- Education: University of Pennsylvania Washington University in St. Louis
- Scientific career
- Fields: Internal medicine, medical simulation
- Workplaces: Washington University in St. Louis Cornell University

= Yoon Kang =

American internist and academic administrator

Yoon Kang is an American internist and academic administrator specializing in medical simulation. She is the Richard P. Cohen, M.D. Professor of Medical Education and the senior associate dean for education at Weill Cornell Medicine.

== Life ==
Kang completed a B.S., summa cum laude, in economics with a concentration in finance from the Wharton School at the University of Pennsylvania in 1991. She earned a M.D. from the Washington University School of Medicine in 1995. Kang completed an internal medicine residency and served as chief resident at Barnes-Jewish Hospital.
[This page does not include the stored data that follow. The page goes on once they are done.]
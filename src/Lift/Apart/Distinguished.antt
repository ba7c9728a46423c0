-- ===== src/Lift/Apart/Distinguished.antt =====
-- tell_apart of eval/lift.py tells any two cases apart.
use htn_llm_rtl_gen.Lift.Apart.{LearnedCase, Kind, pairs_with, pairs_from, permutations, tell_apart}
use htn_llm_rtl_gen.Lift.Apart.Marks.{Lacked, Tells, Comes}
use htn_llm_rtl_gen.Lift.Apart.Pairs.{Fits, tell_pairs-Fits, tell_pairs-Comes}
use mathlib.Core.Path.{subst}
use htn_llm_rtl_gen.Shared.{
  contains-nil, some_injective, ℕ, zero, suc, ◌+◌, ◌≤◌, ◌<◌, ◌≡◌, ◌≢◌, ◌⊎◌, sym, ◌∙◌, inl, inr,
  true, some, List, [], ◌∷◌, map, arith, length, get_elem?, All, contains-append,
  contains-append_left, contains_cases, contains_head, contains_tail, range_of, ◌==◌, eq_iff,
  nat_eq, beq_of_ne, Bool-cases, list_eq, pair_eq, contains, ok,
}

pairs_with-contains :
    (i j : ℕ) (js : List ℕ)
    → i ≢ j
    → contains js j ≡ true
    → contains (pairs_with i js) (i, j) ≡ true
unfolding pairs_with
pairs_with-contains i j [] h k = cc (k, contains-nil j)
pairs_with-contains i j (n ∷ js) h k = elim (contains_cases n j js k) [
  | inl e ↦
      subst (λ x. contains (pairs_with i (n ∷ js)) (i, x) ≡ true) e
        (rw (pairs_with, beq_of_ne (λ q. h (q ∙ e))) (contains_head (i, n) (pairs_with i js)))
  | inr later ↦ elim (Bool-cases (i == n)) [
    | inl q ↦ rw (pairs_with, q) (pairs_with-contains i j js h later)
    | inr q ↦
        rw (pairs_with, q)
          (contains_tail (i, n) (i, j) (pairs_with i js) (pairs_with-contains i j js h later))
  ]
]

pairs_from-contains :
    (i j : ℕ) (is js : List ℕ)
    → i ≢ j
    → contains is i ≡ true
    → contains js j ≡ true
    → contains (pairs_from is js) (i, j) ≡ true
unfolding pairs_from
pairs_from-contains i j [] js h k l = cc (k, contains-nil i)
pairs_from-contains i j (n ∷ is) js h k l = elim (contains_cases n i is k) [
  | inl e ↦
      contains-append_left (pairs_with n js) (pairs_from is js) (i, j)
        (subst (λ x. contains (pairs_with x js) (i, j) ≡ true) (sym e)
          (pairs_with-contains i j js h l))
  | inr later ↦ ground (
    arith,
    contains-append (pairs_with n js) (pairs_from is js) (i, j),
    pairs_from-contains i j is js h later l,
  )
]

range_of-contains : (a k i : ℕ) → a ≤ i → i < a + k → contains (range_of a k) i ≡ true
unfolding range_of contains
range_of-contains a zero i h l = absurd (omega arith)
range_of-contains a (suc k) i h l = ground (arith, eq_iff a i, range_of-contains (suc a) k i)

get_elem?_lt : {A : Type 0} (xs : List A) (i : ℕ) {x : A} → get_elem? xs i ≡ some x → i < length xs
get_elem?_lt [] i h = cc h
get_elem?_lt (x ∷ xs) zero h = omega arith
get_elem?_lt (x ∷ xs) (suc i) h = omega (arith, get_elem?_lt xs i h)

permutations-contains :
    (n i j : ℕ) → i ≢ j → i < n → j < n → contains (permutations n) (i, j) ≡ true
unfolding permutations
permutations-contains n i j h k l =
    pairs_from-contains i j (range_of 0 n) (range_of 0 n) h
      (range_of-contains 0 n i (omega arith) (omega (arith, k)))
      (range_of-contains 0 n j (omega arith) (omega (arith, l)))

told_apart :
    (a b : LearnedCase) (x y : List Kind) → Comes a b y → Comes b a x → Tells a b y ⊎ Tells b a x
unfolding Comes
told_apart a b x y (inl told) later = inl told
told_apart a b x y (inr first) (inl told) = inr told
told_apart a b x y (inr (none_held, k, ks, held)) (inr (none_back, k', ks', back)) =
    absurd (cc (held, none_back))

no_absences : (cases : List LearnedCase) → Fits cases (map (λ c. []) cases)
unfolding Fits
no_absences [] n b x at_b at_x = cc at_b
no_absences (c ∷ cases) zero b x at_b at_x =
    subst (All (Lacked b.examples)) (some_injective at_x) tt
no_absences (c ∷ cases) (suc n) b x at_b at_x = no_absences cases n b x at_b at_x

-- Where tell_apart returns, of any two cases one has an absent fact about the module that every
-- example of the other has; and no example of a case has a fact that is absent from it.
pub tell_apart-Tells :
    (cases : List LearnedCase) {absents : List (List Kind)} (i j : ℕ) (a b : LearnedCase)
    (x y : List Kind)
    → tell_apart cases ≡ ok absents
    → i ≢ j
    → get_elem? cases i ≡ some a
    → get_elem? cases j ≡ some b
    → get_elem? absents i ≡ some x
    → get_elem? absents j ≡ some y
    → (Tells a b y ⊎ Tells b a x) × All (Lacked b.examples) y
unfolding tell_apart Fits
tell_apart-Tells cases i j a b x y h differ at_a at_b at_x at_y =
    let start = map (λ c. []) cases in
    let pairs = permutations (length cases) in
    let in_range = get_elem?_lt cases i at_a in
    let in_range' = get_elem?_lt cases j at_b in
    (
      told_apart a b x y
          (tell_pairs-Comes cases pairs start i j a b y
            (permutations-contains (length cases) i j differ in_range in_range') h at_a at_b at_y)
          (tell_pairs-Comes cases pairs start j i b a x
            (permutations-contains (length cases) j i (λ e. differ (sym e)) in_range' in_range) h
            at_b at_a at_x),
      tell_pairs-Fits cases pairs start h (no_absences cases) j b y at_b at_y,
    )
Kang worked as the director of standardized patient programs at the Washington University School of Medicine. She joined the Weill Cornell Medicine in 2003 as an assistant professor of medicine. She specializes in medical simulation and technology-based education innovation. She led the simulation education program and became the founding director of the Margaret and Ian Smith Clinical Skills Center in 2006. Kang was promoted to assistant professor in 2009 and an associate professor later that year. In 2015, she became the first assistant dean of clinical curriculum. She was promoted to associate dean for program development and operations (medical education), and associate dean for program development, operations, and continuous quality improvement. She became the acting senior associate dean of education in January 2019, succeeding Barbara L. Hempstead. She formally assumed the role on December 9, 2019. In 2023, she became the Richard P. Cohen, M.D. Professor of Medical Education and a professor of medicine.